New evidence, based on detailed chemical analysis, for it being some of the oldest life on Earth is presented alongside claims that it could be merely an imperfection in a piece of Western Australian rock that just looks a bit like a bacterium.

One report says this minute structure, like others found in the rocks, not only takes the shape of a microbe but also has high carbon content consistent with it once being a living organism.

The second report, on the other hand, says that many of the so-called fossils look nothing like microbes and are probably just blobs of the mineral graphite. Take your pick.

Scientists know life existed on Earth when the rocks were formed; they have ample chemical evidence from which the presence of the organisms can be inferred. The issue is whether this image represents something more physical - an actual fossilised bacterium from that ancient time.

Old rocks, new science

The case for it being the oldest fossil known to science is put by William Schopf of the University of California, US, and colleagues.

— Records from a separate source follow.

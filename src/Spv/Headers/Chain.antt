-- ===== src/Spv/Headers/Chain.antt =====
-- What a light client promises: a chain of headers, newest first, that grows at its tip.
use kovanica_node.Common.{
  ℕ, zero, suc, ◌+◌, ◌≤◌, ◌<◌, ◌≡◌, refl, sym, ap, ◌∙◌, Option, none, some, List, [], ◌∷◌, take,
  ◌==◌, if◌then◌else◌, arith,
}
use kovanica_node.Common.Map
use kovanica_node.Common.Map.{Map, nat_eq}
use kovanica_node.Dag.Difficulty.{Retarget}
use kovanica_node.Spv.Headers.{BlockHeader, needed, collect, reverse_headers}

pub record Follows (h prev : BlockHeader) : Type 0 where
  pub height : h.height ≡ prev.height + 1
  pub prev_hash : h.prev_hash ≡ prev.id
  pub timestamp_ms : prev.timestamp_ms ≤ h.timestamp_ms
  pub chain_blue_work : prev.chain_blue_work < h.chain_blue_work

-- Each header follows the next one of the list.
abbrev pub IsChain : List BlockHeader → Type 0
IsChain [] = Unit
IsChain (h ∷ []) = Unit
IsChain (h ∷ g ∷ chain) = Follows h g × IsChain (g ∷ chain)

unfoldable pub at_height : ℕ → List BlockHeader → Option BlockHeader
at_height n [] = none
at_height n (h ∷ chain) = if h.height == n then some h else at_height n chain

-- The last headers of the chain, oldest first.
abbrev pub recent : Option Retarget → List BlockHeader → List BlockHeader
recent none chain = []
recent (some retarget) chain = reverse_headers (take (needed retarget) chain)

-- The map of headers has the chain's, as far as `top`.
abbrev Holds : ℕ → Map ℕ BlockHeader → List BlockHeader → Type 0
Holds top headers chain = (n : ℕ) → n ≤ top → Map.get n headers ≡ at_height n chain

collect-nil :
    (headers : Map ℕ BlockHeader) (top left : ℕ)
    → Holds top headers []
    → collect headers top left ≡ []
unfolding collect at_height
collect-nil headers top zero h = refl
collect-nil headers zero (suc left) h = ground (arith, h 0 (omega arith))
collect-nil headers (suc top) (suc left) h = ground (
  arith,
  h (suc top) (omega arith),
  collect-nil headers top (suc left) (λ n l. h n (omega (arith, l))),
)

-- Below the height of the first header only the others are found.
Holds-tail :
    (top : ℕ) (headers : Map ℕ BlockHeader) (h : BlockHeader) (chain : List BlockHeader)
    → h.height ≡ suc top
    → Holds (suc top) headers (h ∷ chain)
    → Holds top headers chain
unfolding at_height
Holds-tail top headers h chain e holds n l = ground (arith, e, l, holds n (omega (arith, l)))

take-nil : (left : ℕ) → take {A = BlockHeader} left [] ≡ []
take-nil zero = refl
take-nil (suc left) = refl

collect-cons :
    (headers : Map ℕ BlockHeader) (top left : ℕ) (h : BlockHeader) (chain : List BlockHeader)
    → h.height ≡ suc top
    → Holds (suc top) headers (h ∷ chain)
    → collect headers (suc top) (suc left) ≡ h ∷ collect headers top left
unfolding collect at_height
collect-cons headers top left h chain e holds = ground (arith, e, holds (suc top) (omega arith))

-- The loop over heights collects what the chain has last.
pub collect-take :
    (headers : Map ℕ BlockHeader) (top left : ℕ) (h : BlockHeader) (chain : List BlockHeader)
    → IsChain (h ∷ chain)
    → h.height ≡ top
    → Holds top headers (h ∷ chain)
    → collect headers top left ≡ take left (h ∷ chain)
collect-take headers top zero h chain c e holds = unfold collect in refl
collect-take headers zero (suc left) h [] c e holds =
    unfold collect at_height in ground (arith, e, take-nil left, holds 0 (omega arith))
collect-take headers zero (suc left) h (g ∷ chain) (f, c) e holds =
    absurd (omega (arith, e, f.height))
collect-take headers (suc top) (suc left) h [] c e holds =
    collect-cons headers top left h [] e holds
    ∙ ap (λ l. h ∷ l)
        (collect-nil headers top left (Holds-tail top headers h [] e holds) ∙ sym (take-nil left))
collect-take headers (suc top) (suc left) h (g ∷ chain) (f, c) e holds =
    collect-cons headers top left h (g ∷ chain) e holds
    ∙ ap (λ l. h ∷ l)
        (collect-take headers top left g chain c (omega (arith, e, f.height))
          (Holds-tail top headers h (g ∷ chain) e holds))
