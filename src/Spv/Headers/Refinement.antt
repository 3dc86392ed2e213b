-- ===== src/Spv/Headers/Refinement.antt =====
-- The client refines a chain of headers that grows at its tip.
use kovanica_node.Common.{
  ◌≤◌, ◌⊎◌, sym, false, length, map, ltb, Bool-cases, ℕ, ◌+◌, ◌%◌, ◌^◌, ◌<◌, ◌≡◌, refl, ap, ◌∙◌,
  Bool, true, Option, none, some, List, [], ◌∷◌, Result, ok, err, inl, inr, arith, Result-cases,
}
use kovanica_node.Common.Map
use kovanica_node.Common.Map.{Map, nat_eq, get-insert}
use kovanica_node.Dag.{block_eq_iff}
use kovanica_node.Dag.Difficulty.{Retarget, next_work}
use kovanica_node.Dag.Pow.{meets_target}
use kovanica_node.Spv.Headers.{
  sample_of, verify_difficulty, BlockHeader, SpvClient, SpvError, verify_pow, check_retarget,
  needed, collect, reverse_headers, client_window, check_header, add_header, new,
}
use kovanica_node.Spv.Headers.Chain.{Follows, IsChain, at_height, recent, collect-take}

-- The client of a chain `tip ∷ older`.
pub record Represents (client : SpvClient) (tip : BlockHeader) (older : List BlockHeader)
    : Type 0 where
  pub tipped : client.tip ≡ some tip
  pub stored : (n : ℕ) → Map.get n client.headers ≡ at_height n (tip ∷ older)
  pub chained : IsChain (tip ∷ older)

-- With fewer headers than the policy reads, the work is at or above the floor; else it is the
-- retargeted work.
abbrev pub IsDifficult : Option Retarget → BlockHeader → List BlockHeader → Type 0
IsDifficult none h window = Unit
IsDifficult (some policy) h window =
    ((length window < needed policy) × (policy.min_work ≤ h.work))
    ⊎ ((needed policy ≤ length window) × (h.work ≡ next_work policy (map sample_of window)))

-- What a header must have to extend the chain.
pub record Extends (require_pow : Bool) (retarget : Option Retarget) (h tip : BlockHeader)
    (older : List BlockHeader) : Type 0 where
  pub follows : Follows h tip
  pub pow : (require_pow ≡ false) ⊎ (meets_target h.id h.work ≡ true)
  pub difficulty : IsDifficult retarget h (recent retarget (tip ∷ older))

verify_pow-passed :
    (h : BlockHeader) (require_pow : Bool)
    → verify_pow h require_pow ≡ true
    → (require_pow ≡ false) ⊎ (meets_target h.id h.work ≡ true)
unfolding verify_pow
verify_pow-passed h true e = inr e
verify_pow-passed h false e = inl refl

passed-verify_pow :
    (h : BlockHeader) (require_pow : Bool)
    → (require_pow ≡ false) ⊎ (meets_target h.id h.work ≡ true)
    → verify_pow h require_pow ≡ true
unfolding verify_pow
passed-verify_pow h require_pow (inl e) = ground (arith, e)
passed-verify_pow h require_pow (inr e) = ground (arith, e)

check_retarget-IsDifficult :
    (retarget : Option Retarget) (h : BlockHeader) (window : List BlockHeader)
    → check_retarget retarget h window ≡ true
    → IsDifficult retarget h window
unfolding check_retarget verify_difficulty
check_retarget-IsDifficult none h window e = tt
check_retarget-IsDifficult (some policy) h window e =
    elim (Bool-cases (ltb (length window) (needed policy))) [
      | inl few ↦ inl (ground (arith, few), ground (arith, e, few))
      | inr full ↦ inr (ground (arith, full), ground (arith, e, full))
    ]

IsDifficult-check_retarget :
    (retarget : Option Retarget) (h : BlockHeader) (window : List BlockHeader)
    → IsDifficult retarget h window
    → check_retarget retarget h window ≡ true
unfolding check_retarget verify_difficulty
IsDifficult-check_retarget none h window d = refl
IsDifficult-check_retarget (some policy) h window (inl (few, work)) = ground (arith, few, work)
IsDifficult-check_retarget (some policy) h window (inr (full, work)) = ground (arith, full, work)

window_lem :
    (client : SpvClient) (tip : BlockHeader) (older : List BlockHeader)
    → Represents client tip older
    → client_window client tip ≡ recent client.retarget (tip ∷ older)
unfolding client_window
window_lem client tip older r = go client.retarget
  where
    go :
        (retarget : Option Retarget)
        → elim retarget [
          | none ↦ []
          | some policy ↦ reverse_headers (collect client.headers tip.height (needed policy))
        ]
          ≡ recent retarget (tip ∷ older)
    go none = refl
    go (some policy) = ap reverse_headers (
        collect-take client.headers tip.height (needed policy) tip older r.chained refl
          (λ n l. r.stored n))

module _ (client : SpvClient) (h tip : BlockHeader) (older : List BlockHeader)
    (l : tip.height + 1 < 2 ^ 64)
    (w : client_window client tip ≡ recent client.retarget (tip ∷ older)) where
  check_header-Extends :
      check_header client tip h ≡ ok tt → Extends client.require_pow client.retarget h tip older
  unfolding check_header
  check_header-Extends e =
      let m : (tip.height + 1) % 2 ^ 64 ≡ tip.height + 1 = omega (arith, l) in
      record {
        follows = record {
          height = ground (arith, e, m);
          prev_hash = ground (arith, e, block_eq_iff h.prev_hash tip.id);
          timestamp_ms = ground (arith, e);
          chain_blue_work = ground (arith, e);
        };
        pow = verify_pow-passed h client.require_pow (ground (arith, e));
        difficulty =
            check_retarget-IsDifficult client.retarget h _
              (ap (check_retarget client.retarget h) (sym w) ∙ ground (arith, e));
      }

  Extends-check_header :
      Extends client.require_pow client.retarget h tip older → check_header client tip h ≡ ok tt
  unfolding check_header
  Extends-check_header x =
      let m : (tip.height + 1) % 2 ^ 64 ≡ tip.height + 1 = omega (arith, l) in
      ground (
        arith,
        m,
        w,
        block_eq_iff h.prev_hash tip.id,
        x.follows.height,
        x.follows.prev_hash,
        x.follows.timestamp_ms,
        x.follows.chain_blue_work,
        passed-verify_pow h client.require_pow x.pow,
        IsDifficult-check_retarget client.retarget h (recent client.retarget (tip ∷ older))
            x.difficulty,
      )

-- What `add_header` does to the client of a chain.
pub data Added (client : SpvClient) (h tip : BlockHeader) (older : List BlockHeader)
    : Result SpvError (SpvClient × Bool) → Type 0 where
  extended :
      {client' : SpvClient}
      → Extends client.require_pow client.retarget h tip older
      → Represents client' h (tip ∷ older)
      → client'.require_pow ≡ client.require_pow
      → client'.retarget ≡ client.retarget
      → Added client h tip older (ok (client', true))
  refused :
      {e : SpvError}
      → (Extends client.require_pow client.retarget h tip older → ⊥)
      → Added client h tip older (err e)

module _ (client : SpvClient) (h tip : BlockHeader) (older : List BlockHeader)
    (l : tip.height + 1 < 2 ^ 64) (r : Represents client tip older) where
  abbrev next_client : SpvClient
  next_client = record client { headers = Map.insert h.height h client.headers; tip = some h }

  next_client-Represents : Follows h tip → Represents next_client h (tip ∷ older)
  unfolding at_height
  next_client-Represents f = record {
    tipped = refl;
    stored = λ n. get-insert n h.height h client.headers ∙ ground (arith, r.stored n);
    chained = (f, r.chained);
  }

  add_header-accepted :
      check_header client tip h ≡ ok tt → add_header client h ≡ ok (next_client, true)
  unfolding add_header
  add_header-accepted e = ground (arith, r.tipped, e)

  add_header-refused :
      (e : SpvError) → check_header client tip h ≡ err e → add_header client h ≡ err e
  unfolding add_header
  add_header-refused e c = ground (arith, r.tipped, c)

  -- The client accepts exactly the headers that extend its chain: the header follows the tip,
  -- meets its target where the policy asks for proof of work, and, where the policy retargets, has
  -- the work that the last headers of the chain give, or at least the floor where these are fewer
  -- than the window needs. The client then represents the chain with the header at its tip, under
  -- the same policy. The height of the tip is below the largest word.
  pub add_header-refines : Added client h tip older (add_header client h)
  add_header-refines =
      let w = window_lem client tip older r in
      elim (Result-cases (check_header client tip h)) [
        | inl (tt, c) ↦
            let x = check_header-Extends client h tip older l w c in
            rw (add_header-accepted c) (extended x (next_client-Represents x.follows) refl refl)
        | inr (e, c) ↦
            rw (add_header-refused e c)
              (refused λ x. cc (Extends-check_header client h tip older l w x, c))
      ]

pub new-Represents :
    (checkpoint : BlockHeader) (require_pow : Bool) (retarget : Option Retarget)
    → Represents (new checkpoint require_pow retarget) checkpoint []
unfolding new at_height Map.get
new-Represents checkpoint require_pow retarget = record {
  tipped = refl;
  stored = λ n. get-insert n checkpoint.height checkpoint [];
  chained = tt;
}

In the early 1990s, Schopf caused a sensation when he claimed to have evidence of ancient colonies of bacteria in 1,465-million-year-old rocks in Western Australia. He based his conclusion on the shapes of microfossils he found in the rocks.

Other scientists pointed out that relying on shape alone was unreliable, not least because bacteria have little definite shape anyway. They said it was difficult to tell the difference between a bacterium - especially a fossil bacterium - and a flaw in a rock.

To counter these criticisms, Schopf obtained other evidence by looking at the regions around the purported fossil bacteria, pointing to suggestions of widespread bacterial activity in the rocks.

Another explanation

And since then, Schopf and colleagues have sought to back up the morphology claims using laser-Raman imaging, a technique in which the chemical composition, as well as the structure of the fossils, can be mapped in two dimensions.

It is this technique he uses to justify his claims about these even older structures reported this week in Nature.

But Martin Brasier of the University of Oxford, UK, and colleagues are sceptical of Schopf's latest work. They said the rocks in which the so-called fossils were found came from a vein that might have been produced hydrothermally, by the action of heated water on minerals.

Unsurprisingly, no point of view about the question of ancient bacteria in these rocks is clear cut. While the type of carbon atoms in the rocks is consistent with life, other studies suggest that the same carbon could have been produced through volcanic action.

Martian life

Brasier and colleagues are not even impressed by the shape of the supposed fossils, suggesting that they seem to have a haphazard orientation that is not found in bacteria today. They said the fossils were just collections of quartz and graphite sheets.

Schopf may feel somewhat awkward at having his belief that the ancient fossils are genuine thrown back at him.

He was one of the first to cast doubt on the claims made in 1996 that unusual shapes found in a meteorite from Mars (meteorite ALH 84001) were evidence of past life on the Red Planet.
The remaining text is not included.